ISDS im Disput: Aktuelle Probleme der Investitionsschiedsgerichtsbarkeit

Abbildung 1

Abbildung 2

Seit US-Präsident Trump das umstrittene Freihandelsabkommen TTIP gestoppt hat, ist es um die Investitionsschiedsgerichtsbarkeit in den Medien stiller geworden. Die Problemfragen sind aber von ungebrochener Aktualität. Im Rahmen der 23. Würzburger Europarechtstage zum Thema “Investitionsschutz, Schiedsgerichtsbarkeit und Rechtsstaat in der EU” wurden sie diskutiert. Dabei entwickelte sich ein konstruktiver Disput zu neun Problemschwerpunkten.

1. Zwischen Investitionsschiedsgerichtsbarkeit und Verfassungsgrundsätzen wie Demokratie und Rechtsstaatlichkeit wird zunehmend ein Spannungsverhältnis konstatiert, das auch Gegenstand der Verfahren gegen CETA beim BVerfG ist. Das Verhältnis des “Fair and Equitable Treatment”-Standards zum nationalen Staatshaftungsrecht scheint noch nicht abschließend ausgelotet. Manche sorgen sich, der Rechtsstaat werde hierdurch in Frage gestellt. Zu Recht?

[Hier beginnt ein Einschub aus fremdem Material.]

-- ===== src/Spl/Parser/Aggregation/Ends.antt =====
-- The rounds of the loop over aggregations in `parseAggregationNode` of
-- internal/spl/parser/parser.go.
use quetzalog.Base.{
  ℕ, zero, suc, ◌≤◌, ◌<◌, List, [], ◌∷◌, arith, length, Ends, Ends-bind, Ends-if, Ends-map,
}
use quetzalog.Spl.Unicode.{Unicode}
use quetzalog.Spl.Lexer.{Token, is_name}
use quetzalog.Spl.Parser.Expression.{advance}
use quetzalog.Spl.Parser.Aggregation.{
  field_body, call_field, as_alias, aggregation, aggregations, split_by, parse_aggregation_node,
}

length-advance : (ts : List Token) → length (advance ts) ≤ length ts
unfolding advance
length-advance [] = omega arith
length-advance (t ∷ ts) = omega arith

length-field_body : (ts : List Token) → length (field_body ts).1 ≤ length ts
unfolding field_body
length-field_body [] = omega arith
length-field_body (t ∷ ts) = ground (arith, length-field_body ts)

length-call_field : (ts : List Token) → length (call_field ts).1 ≤ length ts
unfolding call_field
length-call_field ts = ground (arith, length-field_body (advance ts), length-advance ts)

length-as_alias : (u : Unicode) (ts : List Token) → length (as_alias u ts).1 ≤ length ts
unfolding as_alias
length-as_alias u ts = ground (arith, length-advance ts, length-advance (advance ts))

length-aggregation :
    (u : Unicode) (t : Token) (ts : List Token) → length (aggregation u t ts).1 ≤ length ts
unfolding aggregation
length-aggregation u t ts = omega (arith, length-call_field ts, length-as_alias u (call_field ts).1)

aggregations-Ends :
    (fuel : ℕ) (u : Unicode) (ts : List Token)
    → length ts < fuel
    → Ends (λ aggs. length aggs ≤ length ts) (aggregations fuel u ts)
unfolding aggregations
aggregations-Ends zero u ts h = absurd (omega arith)
aggregations-Ends (suc fuel) u [] h = omega arith
aggregations-Ends (suc fuel) u (t ∷ ts) h =
    Ends-if (λ aggs. length aggs ≤ length (t ∷ ts)) (is_name t.kind) _ _
      (λ _.
        Ends-bind (λ aggs. length aggs ≤ length (aggregation u t ts).1)
          (λ aggs. length aggs ≤ length (t ∷ ts)) (aggregations fuel u (aggregation u t ts).1) _
          (aggregations-Ends fuel u (aggregation u t ts).1
            (omega (arith, length-aggregation u t ts)))
          λ aggs k. omega (arith, length-aggregation u t ts))
      (λ _.
        Ends-map (λ aggs. length aggs ≤ length ts) (λ aggs. length aggs ≤ length (t ∷ ts))
          (aggregations fuel u ts) (aggregations-Ends fuel u ts (omega arith))
          λ aggs k. omega arith)

-- The aggregations of a command are read to an end, and there are no more of them than tokens in
-- front of `by`.
pub parse_aggregation_node-Ends :
    (u : Unicode) (ts : List Token)
    → Ends (λ p. length p.aggs ≤ length (split_by u ts).0) (parse_aggregation_node u ts)
unfolding parse_aggregation_node
parse_aggregation_node-Ends u ts =
    Ends-bind (λ aggs. length aggs ≤ length (split_by u ts).0)
      (λ p. length p.aggs ≤ length (split_by u ts).0)
      (aggregations (suc (length (split_by u ts).0)) u (split_by u ts).0) _
      (aggregations-Ends (suc (length (split_by u ts).0)) u (split_by u ts).0 (omega arith))
      λ aggs h. h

2. Investitionsschutz verfügt zwar schon über eine beachtliche Tradition – seit 1959 –, doch haben die staatlichen Regulierungsbedürfnisse der Industriegesellschaft international zugenommen. In der späteren Investitionsschiedsgerichtsbarkeit (mit Klagerecht der Investoren) sind die westlichen Industriestaaten heute immer öfter Beklagte. Der dabei lauter werdenden Forderung nach mehr Transparenz sind schon einige Bemühungen gefolgt. Mindestens ebenso wichtig ist es aber, die Konkretisierung der generalklauselartigen Schutzstandards voranzutreiben.

3. Kontrovers diskutiert wird, ob ein multilateraler Investitionsgerichtshof die Kritik am System der Investor-Staat-Streitbeilegung entschärfen könnte. Die Empfehlung der Kommission vom 13. 9. 2017 zur Aufnahme von Verhandlungen strebt eine stärkere Legitimität, Kohärenz und Transparenz an. Kritiker fordern hingegen Vereinfachung, Beschleunigung und Kostensenkung oder negieren schlicht die Notwendigkeit eines Sondergerichts für Investoren.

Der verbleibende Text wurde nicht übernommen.